With regards to band 5, investigations did suggest that lowering the turnover threshold to around £30 million would reduce standard errors; while lowering the threshold to less than £30 million means the benefit from taking a census of these businesses is outweighed by the loss in precision seen from taking a reduced sample in bands 1-3. It is worth noting that lowering the threshold would increase the number of businesses which are fully enumerated every month, so placing more burden on these businesses which may already be involved with other ONS surveys. We recommend that the turnover threshold for band 5 be decreased to £30 million, which will result in approximately 80 extra businesses being fully enumerated.

5. Sample allocation

5.1 Overall level

The proportion of the population included in the sample in each stratum is called that stratum’s ‘sampling fraction’ – so, for example, a sampling fraction of 0.5 means half the sampling frame in that stratum is included in the sample. The optimal sampling fraction in each stratum can be determined using a Neyman allocation, which minimises the standard error of estimates of overall totals or means subject to a fixed sample size (Cochran, 1977). The optimal sampling fraction given by a Neyman allocation will depend on the observed variability within a stratum; the more variable the responses in a stratum the larger the sampling fraction.

The sampling fractions currently used were determined using quarterly data from BIS. As the ONS has been running the Construction Output Survey on a monthly basis for nearly three years the sample was re-allocated using these newer data, without changing the definition of the strata.

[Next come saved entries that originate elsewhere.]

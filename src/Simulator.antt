-- ===== src/Simulator.antt =====
-- The transactional fake payment and ticket services
-- (packages/breakroom-core/src/breakroom/simulator.py).
pub mod Rows
pub mod Calls
pub mod State
pub mod Answer
pub mod Monad
pub mod Queries
pub mod Log
pub mod Clock
pub mod Refund
pub mod Ticket
pub mod Operation
pub mod Dispatch
pub mod Context
pub mod Initialize
pub mod Effects
pub mod Evolution
pub mod Ensures
pub mod Safety
pub mod Opened
pub mod Fixture
mod Tests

Although the allocation is performed at the strata level, a summary of the Neyman allocation and current allocation is presented by employment band. It is assumed that a census is still carried out of business with 100+ employment or employment between 10 and 99 with turnover of £60 million or greater (bands 4 and 5).

Table 3: the current sample size and the sample sizes under the Neyman allocation in employment bands 1 to 3

Employment band Population count January 2011 January 2011 sample size Neyman allocation January 2011 sampling fraction Neyman allocation sampling fraction
1 178532 3311 3437 1.9% 1.9%
2 33940 2151 2247 6.3% 6.6%
3 5978 1517 1294 25.4% 21.6%

The sampling fractions for the three sampled employment bands are not substantially changed between the current and alternative allocation, but the strata-level sampling fractions do vary.

The coefficients of variation for the estimates for Total Output in each month of 2011 are provided under the current and Neyman allocations. In general the coefficients are improved by reallocating the sample, particularly towards the end of the year.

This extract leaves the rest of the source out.